Stored data entries:
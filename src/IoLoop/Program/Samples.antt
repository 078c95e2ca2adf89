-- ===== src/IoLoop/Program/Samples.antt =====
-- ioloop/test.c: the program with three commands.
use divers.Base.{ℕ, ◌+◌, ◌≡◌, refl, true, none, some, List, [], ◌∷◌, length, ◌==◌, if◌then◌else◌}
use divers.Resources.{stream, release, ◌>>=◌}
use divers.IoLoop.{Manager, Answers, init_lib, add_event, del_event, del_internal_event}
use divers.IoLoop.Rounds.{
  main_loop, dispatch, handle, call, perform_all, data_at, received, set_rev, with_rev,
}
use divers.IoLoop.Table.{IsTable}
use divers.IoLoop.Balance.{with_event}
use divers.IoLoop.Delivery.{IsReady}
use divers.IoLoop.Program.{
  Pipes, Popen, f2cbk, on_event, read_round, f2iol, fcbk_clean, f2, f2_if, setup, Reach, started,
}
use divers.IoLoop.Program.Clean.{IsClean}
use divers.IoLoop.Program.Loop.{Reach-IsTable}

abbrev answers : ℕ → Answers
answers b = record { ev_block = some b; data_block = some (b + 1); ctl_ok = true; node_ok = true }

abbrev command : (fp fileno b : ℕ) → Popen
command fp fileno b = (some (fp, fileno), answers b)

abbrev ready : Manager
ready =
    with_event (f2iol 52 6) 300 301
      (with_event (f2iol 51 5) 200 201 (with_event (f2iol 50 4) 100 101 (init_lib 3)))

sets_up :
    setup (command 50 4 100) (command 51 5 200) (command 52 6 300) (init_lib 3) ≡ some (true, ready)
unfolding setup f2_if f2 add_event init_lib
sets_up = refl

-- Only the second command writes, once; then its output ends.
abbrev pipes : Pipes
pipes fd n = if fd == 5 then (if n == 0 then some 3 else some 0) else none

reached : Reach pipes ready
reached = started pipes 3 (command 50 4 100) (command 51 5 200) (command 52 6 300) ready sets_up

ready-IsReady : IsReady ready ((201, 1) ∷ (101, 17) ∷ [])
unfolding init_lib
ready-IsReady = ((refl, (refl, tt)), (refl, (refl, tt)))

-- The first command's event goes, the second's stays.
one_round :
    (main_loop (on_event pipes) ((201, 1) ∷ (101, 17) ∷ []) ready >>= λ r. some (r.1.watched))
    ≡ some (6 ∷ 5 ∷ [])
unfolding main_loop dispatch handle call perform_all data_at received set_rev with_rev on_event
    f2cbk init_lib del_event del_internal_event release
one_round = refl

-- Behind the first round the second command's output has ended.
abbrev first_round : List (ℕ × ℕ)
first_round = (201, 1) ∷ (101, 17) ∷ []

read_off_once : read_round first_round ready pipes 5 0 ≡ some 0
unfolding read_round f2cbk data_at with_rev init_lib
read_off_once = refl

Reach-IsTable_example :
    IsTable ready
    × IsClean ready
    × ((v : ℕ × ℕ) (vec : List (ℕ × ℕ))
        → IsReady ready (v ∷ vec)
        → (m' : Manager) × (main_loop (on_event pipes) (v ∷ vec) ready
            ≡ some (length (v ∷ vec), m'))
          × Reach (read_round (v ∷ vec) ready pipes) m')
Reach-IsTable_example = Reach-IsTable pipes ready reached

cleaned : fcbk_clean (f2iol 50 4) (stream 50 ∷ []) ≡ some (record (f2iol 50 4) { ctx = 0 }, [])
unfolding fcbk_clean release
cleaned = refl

▶ About this task
For this exercise, repeat the data above exactly.

▶ Answer
filename src/IoLoop/Program/Samples.antt
repository 078c95e2ca2adf89
-- ===== src/IoLoop/Program/Samples.antt =====
-- ioloop/test.c: the program with three commands.
use divers.Base.{ℕ, ◌+◌, ◌≡◌, refl, true, none, some, List, [], ◌∷◌, length, ◌==◌, if◌then◌else◌}
use divers.Resources.{stream, release, ◌>>=◌}
use divers.IoLoop.{Manager, Answers, init_lib, add_event, del_event, del_internal_event}
use divers.IoLoop.Rounds.{
  main_loop, dispatch, handle, call, perform_all, data_at, received, set_rev, with_rev,
}
use divers.IoLoop.Table.{IsTable}
use divers.IoLoop.Balance.{with_event}
use divers.IoLoop.Delivery.{IsReady}
use divers.IoLoop.Program.{
  Pipes, Popen, f2cbk, on_event, read_round, f2iol, fcbk_clean, f2, f2_if, setup, Reach, started,
}
use divers.IoLoop.Program.Clean.{IsClean}
use divers.IoLoop.Program.Loop.{Reach-IsTable}

abbrev answers : ℕ → Answers
answers b = record { ev_block = some b; data_block = some (b + 1); ctl_ok = true; node_ok = true }

abbrev command : (fp fileno b : ℕ) → Popen
command fp fileno b = (some (fp, fileno), answers b)

abbrev ready : Manager
ready =
    with_event (f2iol 52 6) 300 301
      (with_event (f2iol 51 5) 200 201 (with_event (f2iol 50 4) 100 101 (init_lib 3)))

sets_up :
    setup (command 50 4 100) (command 51 5 200) (command 52 6 300) (init_lib 3) ≡ some (true, ready)
unfolding setup f2_if f2 add_event init_lib
sets_up = refl

-- Only the second command writes, once; then its output ends.
abbrev pipes : Pipes
pipes fd n = if fd == 5 then (if n == 0 then some 3 else some 0) else none

reached : Reach pipes ready
reached = started pipes 3 (command 50 4 100) (command 51 5 200) (command 52 6 300) ready sets_up

ready-IsReady : IsReady ready ((201, 1) ∷ (101, 17) ∷ [])
unfolding init_lib
ready-IsReady = ((refl, (refl, tt)), (refl, (refl, tt)))

-- The first command's event goes, the second's stays.
one_round :
    (main_loop (on_event pipes) ((201, 1) ∷ (101, 17) ∷ []) ready >>= λ r. some (r.1.watched))
    ≡ some (6 ∷ 5 ∷ [])
unfolding main_loop dispatch handle call perform_all data_at received set_rev with_rev on_event
    f2cbk init_lib del_event del_internal_event release
one_round = refl

-- Behind the first round the second command's output has ended.
abbrev first_round : List (ℕ × ℕ)
first_round = (201, 1) ∷ (101, 17) ∷ []

read_off_once : read_round first_round ready pipes 5 0 ≡ some 0
unfolding read_round f2cbk data_at with_rev init_lib
read_off_once = refl

Reach-IsTable_example :
    IsTable ready
    × IsClean ready
    × ((v : ℕ × ℕ) (vec : List (ℕ × ℕ))
        → IsReady ready (v ∷ vec)
        → (m' : Manager) × (main_loop (on_event pipes) (v ∷ vec) ready
            ≡ some (length (v ∷ vec), m'))
          × Reach (read_round (v ∷ vec) ready pipes) m')
Reach-IsTable_example = Reach-IsTable pipes ready reached

cleaned : fcbk_clean (f2iol 50 4) (stream 50 ∷ []) ≡ some (record (f2iol 50 4) { ctx = 0 }, [])
unfolding fcbk_clean release
cleaned = refl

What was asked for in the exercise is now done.